Donc, oui le CSA n’a pas joué son rôle et cela est dommage et même dommageable : que dire si demain une émission oppose à part égale vaccins et anti-vaccins et pointe des pratiques qui peuvent être parfois contestables de l’industrie pharmaceutique sans mentionner les immenses services qu’ont rendu les vaccins à l‘humanité ?

Les sociétés savantes, les académies sur ce sujet, et sur bien d’autres semblent assez inaudibles. La société manque d’un pouvoir spirituel organisé, selon les conceptions positivistes.

Bizarrement, dans la suite de son article, Stéphane Foucart abandonne le sujet glyphosate et passe au climatoscepticisme. C’est peut-être qu’il se sent un peu…comment admonester gentiment ? un peu coupable. Car il sait très bien, et l’a lui-même avoué, ce que vaut toute la Fake Science mobilisée à propos de la toxicité du glyphosate- pas grand-chose, et que si le glyphosate a été ainsi soumis à de véritables procès de sorcières, c’est en raison de son utilisation couplée à des OGM ( en particulier proposée par Monsanto). C’est l’hostilité aux OGM et leur intérêt agricole et économique qui est le véritable moteur de la diabolisation du glyphosate ; et c’est un tout autre problème !

Donc, le grand spécialiste écolo du Monde délaisse le glyphosate et passe au réchauffement climatique et au climatoscepticisme. Suivons-le… pour voir !

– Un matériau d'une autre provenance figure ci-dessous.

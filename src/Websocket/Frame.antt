-- ===== src/Websocket/Frame.antt =====
-- include/beast/websocket/detail/frame.hpp (frame_header, write) and stream_base.hpp (read_fh1,
-- read_fh2). A dynamic buffer is the list of its readable octets: `commit` of a copy appends, and
-- `consume` drops from the front. `none` is a failed BOOST_ASSERT, a read past the buffer.
pub mod Bits
pub mod Accepts
pub mod Codec
pub mod Sound
mod Tests
use remotedev.Base.{
  ℕ, ◌+◌, ◌-◌, ◌%◌, ◌^◌, Bool, true, false, not, ◌&&◌, ◌||◌, [], ◌∷◌, ◌++◌, Option, none, some,
  bit_and, bit_or, ◌>>=◌, Bytes, ltb, leb, ◌==◌, if◌then◌else◌,
}
use remotedev.Websocket.Opcode.{
  Opcode, cont, text, binary, code, of_nibble, is_reserved, is_control, no_code, protocol_error,
  too_big,
}
use remotedev.Websocket.Endian.{
  BigEndian, big_uint16_to_native, big_uint64_to_native, little_uint32_to_native,
  native_to_little_uint32,
}
use remotedev.Websocket.StreamBase.{StreamBase, Role, client, server, Pmd, is_set}

pub record FrameHeader : Type 0 where
  pub op : Opcode
  pub fin : Bool
  pub mask : Bool
  pub rsv1 : Bool
  pub rsv2 : Bool
  pub rsv3 : Bool
  pub len : ℕ
  pub key : ℕ

abbrev pub flag : Bool → ℕ → ℕ
flag b bit = if b then bit else 0x00

-- `b[0]`
pub first_octet : FrameHeader → ℕ
first_octet fh =
    let b = bit_or (flag fh.fin 0x80) (code fh.op) in
    let b = if fh.rsv1 then bit_or b 0x40 else b in
    let b = if fh.rsv2 then bit_or b 0x20 else b in if fh.rsv3 then bit_or b 0x10 else b

module _ (be : BigEndian) where
  -- `b[1]` and the extended length.
  pub length_octets : FrameHeader → Bytes
  length_octets fh =
      let b = flag fh.mask 0x80 in
      if leb fh.len 125
      then bit_or b (fh.len % 2 ^ 8) ∷ []
      else if leb fh.len 65535
      then bit_or b 126 ∷ be.put16 (fh.len % 2 ^ 16)
      else bit_or b 127 ∷ be.put64 fh.len

  pub write : Bytes → FrameHeader → Bytes
  write db fh =
      db
      ++ (first_octet fh
          ∷ (length_octets fh ++ (if fh.mask then native_to_little_uint32 fh.key else [])))

-- What `read_fh1` and `read_fh2` leave: the stream, the header, the buffer, the close code, and
-- the number of octets that `read_fh1` asks for.
pub record Fh : Type 0 where
  pub stream : StreamBase
  pub fh : FrameHeader
  pub db : Bytes
  pub close_code : ℕ
  pub need : ℕ

unfoldable pub need_octets : ℕ → Bool → ℕ
need_octets len mask =
    let need = if len == 126 then 2 else if len == 127 then 8 else 0 in
    if mask then need + 4 else need

-- The fields decoded from the two octets; `key` is not touched.
pub decode : FrameHeader → ℕ → ℕ → FrameHeader
decode fh b0 b1 = record fh {
  len = bit_and b1 0x7f;
  mask = not (bit_and b1 0x80 == 0);
  op = of_nibble (bit_and b0 0x0f);
  fin = not (bit_and b0 0x80 == 0);
  rsv1 = not (bit_and b0 0x40 == 0);
  rsv2 = not (bit_and b0 0x20 == 0);
  rsv3 = not (bit_and b0 0x10 == 0);
}

-- A data frame that starts a message.
fh1_data : StreamBase → FrameHeader → StreamBase × Bool
fh1_data s fh =
    if s.rd.cont
    then (s, false)
    else if fh.rsv1 && not (is_set s.pmd) || fh.rsv2 || fh.rsv3
    then (s, false)
    else (
      record s { pmd = if is_set s.pmd then some (record { rd_set = fh.rsv1 }) else none },
      true,
    )

fh1_cont : StreamBase → FrameHeader → StreamBase × Bool
fh1_cont s fh =
    if not s.rd.cont
    then (s, false)
    else if fh.rsv1 || fh.rsv2 || fh.rsv3
    then (s, false)
    else (s, true)

fh1_control : StreamBase → FrameHeader → StreamBase × Bool
fh1_control s fh =
    if is_reserved fh.op
    then (s, false)
    else if not fh.fin
    then (s, false)
    else if ltb 125 fh.len
    then (s, false)
    else if fh.rsv1 || fh.rsv2 || fh.rsv3
    then (s, false)
    else (s, true)

-- The switch on the opcode: the stream, and whether the frame passes.
pub fh1_switch : Opcode → StreamBase → FrameHeader → StreamBase × Bool
unfolding fh1_data fh1_cont fh1_control
fh1_switch text s fh = fh1_data s fh
fh1_switch binary s fh = fh1_data s fh
fh1_switch cont s fh = fh1_cont s fh
fh1_switch _ s fh = fh1_control s fh

-- An unmasked frame from a client, or a masked one from a server.
pub wrong_mask : Role → Bool → Bool
wrong_mask server mask = not mask
wrong_mask client mask = mask

-- The checks of `read_fh1` on the decoded header.
pub fh1_check : StreamBase → FrameHeader → Bytes → Fh
fh1_check s fh db =
    let (s', passes) = fh1_switch fh.op s fh in
    let failed : Fh = record {
      stream = s';
      fh = fh;
      db = db;
      close_code = protocol_error;
      need = 0;
    } in
    if not passes
    then failed
    else if wrong_mask s.role fh.mask
    then failed
    else record failed { close_code = no_code; need = need_octets fh.len fh.mask }

pub read_fh1 : StreamBase → FrameHeader → Bytes → Option Fh
read_fh1 s fh (b0 ∷ b1 ∷ db) = some (fh1_check s (decode fh b0 b1) db)
read_fh1 s fh _ = none

length16 : Bytes → Option (ℕ × Bool × Bytes)
length16 (p0 ∷ p1 ∷ r) = let n = big_uint16_to_native p0 p1 in some (n, not (ltb n 126), r)
length16 _ = none

length64 : Bytes → Option (ℕ × Bool × Bytes)
length64 (p0 ∷ p1 ∷ p2 ∷ p3 ∷ p4 ∷ p5 ∷ p6 ∷ p7 ∷ r) =
    let n = big_uint64_to_native p0 p1 p2 p3 p4 p5 p6 p7 in some (n, not (ltb n 65536), r)
length64 _ = none

-- The extended length. The Boolean is whether it was written in the shortest form.
pub fh2_length : ℕ → Bytes → Option (ℕ × Bool × Bytes)
unfolding length16 length64
fh2_length len db =
    if len == 126 then length16 db else if len == 127 then length64 db else some (len, true, db)

pub fh2_key : Bool → Bytes → Option (ℕ × Bytes)
fh2_key true (p0 ∷ p1 ∷ p2 ∷ p3 ∷ r) = some (little_uint32_to_native p0 p1 p2 p3, r)
fh2_key true _ = none
fh2_key false db = some (0, db)

-- The end of `read_fh2`: the message's state, and the close code.
pub fh2_finish : StreamBase → FrameHeader → StreamBase × ℕ
fh2_finish s fh =
    if not (is_control fh.op)
    then (if not (code fh.op == code cont)
        then (record s { rd = record rd { size = 0; op = fh.op; cont = not fh.fin } }, no_code)
        else if ltb (2 ^ 64 - 1 - fh.len) rd.size
        then (s, too_big)
        else (record s { rd = record rd { cont = not fh.fin } }, no_code))
    else (s, no_code)
  where
    open s use {rd}

-- What follows a length in the shortest form.
pub fh2_rest : StreamBase → FrameHeader → Bytes → Option Fh
fh2_rest s fh db = do
  (key, db') ← fh2_key fh.mask db
  let fh' = record fh { key = key }
  let (s', c) = fh2_finish s fh'
  some (record { stream = s'; fh = fh'; db = db'; close_code = c; need = 0 })

pub read_fh2 : StreamBase → FrameHeader → Bytes → Option Fh
read_fh2 s fh db = do
  (len, canonical, db') ← fh2_length fh.len db
  let fh' = record fh { len = len }
  if not canonical
      then some (record { stream = s; fh = fh'; db = db'; close_code = protocol_error; need = 0 })
      else fh2_rest s fh' db'

-- A whole header: the second part is read when the first was accepted.
pub read_header : StreamBase → FrameHeader → Bytes → Option Fh
read_header s fh db = do
  r ← read_fh1 s fh db
  if r.close_code == no_code then read_fh2 r.stream r.fh r.db else some r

Climatoscepticisme et Fake science : comment faire ? La tribune retirée de l’Actualité Chimique.
Donc Stéphane Foucart :

« Au cours des derniers mois, L’Actualité chimique (la revue de la société savante des chimistes français) a, par exemple, publié plusieurs chroniques climatosceptiques – l’une allant jusqu’à mettre sur un pied de quasi-égalité le mouvement antivaccinal et la mobilisation contre le réchauffement. En mai, sous les protestations, la publication a retiré l’un des textes litigieux.
Ce genre de situation n’a rien d’exceptionnel. Un regard rétrospectif sur la manière dont s’est propagée la vulgate climatosceptique ces dernières années suggère que ce sont des scientifiques, bien plus que des journalistes, qui en ont été les principaux moteurs. Sur le réchauffement, les tribunes ou les ouvrages les plus trompeurs ont été publiés sous d’éminentes signatures issues des sciences économiques, de la géologie, de la géographie, de la microbiologie, de la physique des semi-conducteurs, des mathématiques, de la chimie… Forts de leurs titres académiques, des scientifiques s’exprimant hors de leur champ de compétence ont largement contribué à tromper le public et les décideurs sur l’une des plus graves questions de notre temps.
En France, le principal bastion climatosceptique n’était ni une sombre église obscurantiste ni un mouvement d’homéopathes radicalisés : c’était l’Académie des sciences »

Stéphane Foucart aurait quand même pu rappeler le rôle du CEA et des climatologues français dans le GIEC et dans l’établissement de la responsabilité des activités humaines dans le réchauffement climatique : Claude Lorius, Jean Jouzel, Valérie Masson-Delmotte…

Je n’ai pas pu lire la tribune de l’Actualité Chimique à laquelle M. Foucart fait allusion…puisqu’elle a été retirée sous un torrent de protestations éclairées ( ?). Pour information, 25 chimistes membres de l’Académie des sciences, dont deux Prix Nobel ( Jean-Marie Lehn, Jean- Pierre Sauvage) ont protesté contre ce retrait.

Avant (et afin) de parvenir à une vérité scientifique (positive), il est normal que différentes hypothèses soient confrontées et que des débats aient lieu. Le principe positiviste doit s’appliquer sans restriction : « Liberté, liberté totale d’exposition, de discussion, d’appréciation ! »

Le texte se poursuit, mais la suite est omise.